### What the exercise asks
Exactly the lines from the one with "pub record IsJson" to the end of the data below should be set down, and no others.
+++
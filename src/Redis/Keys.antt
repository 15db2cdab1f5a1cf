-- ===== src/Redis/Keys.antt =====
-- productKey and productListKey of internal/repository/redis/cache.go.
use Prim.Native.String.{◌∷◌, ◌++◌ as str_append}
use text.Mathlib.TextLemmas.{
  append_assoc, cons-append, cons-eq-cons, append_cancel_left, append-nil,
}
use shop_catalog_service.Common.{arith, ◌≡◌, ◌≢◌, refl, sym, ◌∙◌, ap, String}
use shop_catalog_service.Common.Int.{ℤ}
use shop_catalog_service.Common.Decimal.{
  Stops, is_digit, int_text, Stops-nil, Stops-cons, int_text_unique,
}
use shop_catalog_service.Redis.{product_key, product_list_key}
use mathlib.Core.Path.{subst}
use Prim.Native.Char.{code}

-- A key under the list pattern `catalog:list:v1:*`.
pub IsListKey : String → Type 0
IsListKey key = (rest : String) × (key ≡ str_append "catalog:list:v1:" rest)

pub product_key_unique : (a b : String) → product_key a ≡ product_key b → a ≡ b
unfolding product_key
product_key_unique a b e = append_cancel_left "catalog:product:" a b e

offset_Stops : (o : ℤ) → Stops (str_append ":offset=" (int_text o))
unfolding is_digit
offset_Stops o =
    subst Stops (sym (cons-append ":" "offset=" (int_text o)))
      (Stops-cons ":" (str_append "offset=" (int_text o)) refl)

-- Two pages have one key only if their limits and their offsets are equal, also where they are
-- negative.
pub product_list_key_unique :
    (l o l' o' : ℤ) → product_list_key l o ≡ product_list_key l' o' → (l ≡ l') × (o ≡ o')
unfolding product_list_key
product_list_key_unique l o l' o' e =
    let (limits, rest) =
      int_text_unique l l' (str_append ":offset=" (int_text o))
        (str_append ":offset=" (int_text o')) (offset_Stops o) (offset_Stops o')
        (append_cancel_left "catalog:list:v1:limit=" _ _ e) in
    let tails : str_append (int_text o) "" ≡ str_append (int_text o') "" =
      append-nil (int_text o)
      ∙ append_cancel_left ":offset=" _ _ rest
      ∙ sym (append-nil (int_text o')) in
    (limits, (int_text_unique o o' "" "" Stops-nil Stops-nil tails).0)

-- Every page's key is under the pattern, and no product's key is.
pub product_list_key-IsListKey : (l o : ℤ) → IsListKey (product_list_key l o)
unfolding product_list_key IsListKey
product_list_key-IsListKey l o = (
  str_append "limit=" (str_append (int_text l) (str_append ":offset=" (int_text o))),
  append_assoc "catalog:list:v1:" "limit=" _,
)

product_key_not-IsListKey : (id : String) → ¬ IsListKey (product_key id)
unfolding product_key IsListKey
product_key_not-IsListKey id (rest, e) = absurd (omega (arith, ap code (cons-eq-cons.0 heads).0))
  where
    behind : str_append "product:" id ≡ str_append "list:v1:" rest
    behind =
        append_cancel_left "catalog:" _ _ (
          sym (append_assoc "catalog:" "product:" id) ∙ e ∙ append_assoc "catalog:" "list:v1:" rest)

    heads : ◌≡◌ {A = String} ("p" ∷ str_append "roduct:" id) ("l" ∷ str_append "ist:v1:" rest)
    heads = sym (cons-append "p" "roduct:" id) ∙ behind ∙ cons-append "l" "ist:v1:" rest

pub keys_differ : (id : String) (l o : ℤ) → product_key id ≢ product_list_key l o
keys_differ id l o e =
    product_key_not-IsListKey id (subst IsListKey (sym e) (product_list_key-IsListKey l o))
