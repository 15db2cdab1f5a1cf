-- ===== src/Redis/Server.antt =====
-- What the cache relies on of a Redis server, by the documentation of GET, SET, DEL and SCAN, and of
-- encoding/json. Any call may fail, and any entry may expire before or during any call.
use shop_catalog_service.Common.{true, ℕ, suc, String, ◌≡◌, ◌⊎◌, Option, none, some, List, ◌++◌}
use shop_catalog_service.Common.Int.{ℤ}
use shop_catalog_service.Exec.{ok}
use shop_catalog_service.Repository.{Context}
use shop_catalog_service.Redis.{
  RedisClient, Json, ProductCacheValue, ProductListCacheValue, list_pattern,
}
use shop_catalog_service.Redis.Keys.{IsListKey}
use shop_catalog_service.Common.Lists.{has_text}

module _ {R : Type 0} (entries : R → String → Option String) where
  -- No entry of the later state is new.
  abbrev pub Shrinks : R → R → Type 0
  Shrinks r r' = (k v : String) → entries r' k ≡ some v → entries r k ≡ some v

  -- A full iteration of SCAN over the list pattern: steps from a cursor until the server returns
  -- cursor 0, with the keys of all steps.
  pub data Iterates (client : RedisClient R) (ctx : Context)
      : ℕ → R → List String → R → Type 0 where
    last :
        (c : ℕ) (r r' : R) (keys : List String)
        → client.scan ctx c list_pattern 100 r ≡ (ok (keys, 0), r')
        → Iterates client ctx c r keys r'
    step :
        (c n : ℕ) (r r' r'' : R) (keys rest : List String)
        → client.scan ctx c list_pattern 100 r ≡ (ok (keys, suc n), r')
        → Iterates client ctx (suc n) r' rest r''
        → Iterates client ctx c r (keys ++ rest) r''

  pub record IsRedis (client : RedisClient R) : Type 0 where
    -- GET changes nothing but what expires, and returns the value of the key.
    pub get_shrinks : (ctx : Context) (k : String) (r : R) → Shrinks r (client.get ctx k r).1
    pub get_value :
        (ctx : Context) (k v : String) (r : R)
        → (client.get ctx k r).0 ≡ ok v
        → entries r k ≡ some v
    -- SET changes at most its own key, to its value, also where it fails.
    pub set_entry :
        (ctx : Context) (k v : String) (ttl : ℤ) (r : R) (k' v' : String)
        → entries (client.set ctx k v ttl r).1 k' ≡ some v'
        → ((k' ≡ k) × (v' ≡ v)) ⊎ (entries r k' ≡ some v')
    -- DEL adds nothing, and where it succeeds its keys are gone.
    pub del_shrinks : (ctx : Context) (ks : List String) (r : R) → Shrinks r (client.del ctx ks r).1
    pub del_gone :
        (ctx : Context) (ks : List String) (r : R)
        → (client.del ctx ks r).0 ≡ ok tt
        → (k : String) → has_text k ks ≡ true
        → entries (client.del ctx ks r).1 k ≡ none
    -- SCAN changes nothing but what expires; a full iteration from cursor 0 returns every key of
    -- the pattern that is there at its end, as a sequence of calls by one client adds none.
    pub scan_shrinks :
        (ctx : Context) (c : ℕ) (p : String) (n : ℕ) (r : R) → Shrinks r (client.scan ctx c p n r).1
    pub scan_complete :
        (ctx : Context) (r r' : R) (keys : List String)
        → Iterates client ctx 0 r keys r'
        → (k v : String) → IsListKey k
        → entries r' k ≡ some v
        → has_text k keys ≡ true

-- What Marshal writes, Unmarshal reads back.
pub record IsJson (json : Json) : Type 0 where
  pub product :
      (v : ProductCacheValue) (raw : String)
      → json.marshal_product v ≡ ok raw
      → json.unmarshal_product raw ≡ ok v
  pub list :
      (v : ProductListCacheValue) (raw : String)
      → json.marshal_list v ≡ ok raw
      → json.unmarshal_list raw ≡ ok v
+++
### Finished task
pub record IsJson (json : Json) : Type 0 where
  pub product :
      (v : ProductCacheValue) (raw : String)
      → json.marshal_product v ≡ ok raw
      → json.unmarshal_product raw ≡ ok v
  pub list :
      (v : ProductListCacheValue) (raw : String)
      → json.marshal_list v ≡ ok raw
      → json.unmarshal_list raw ≡ ok v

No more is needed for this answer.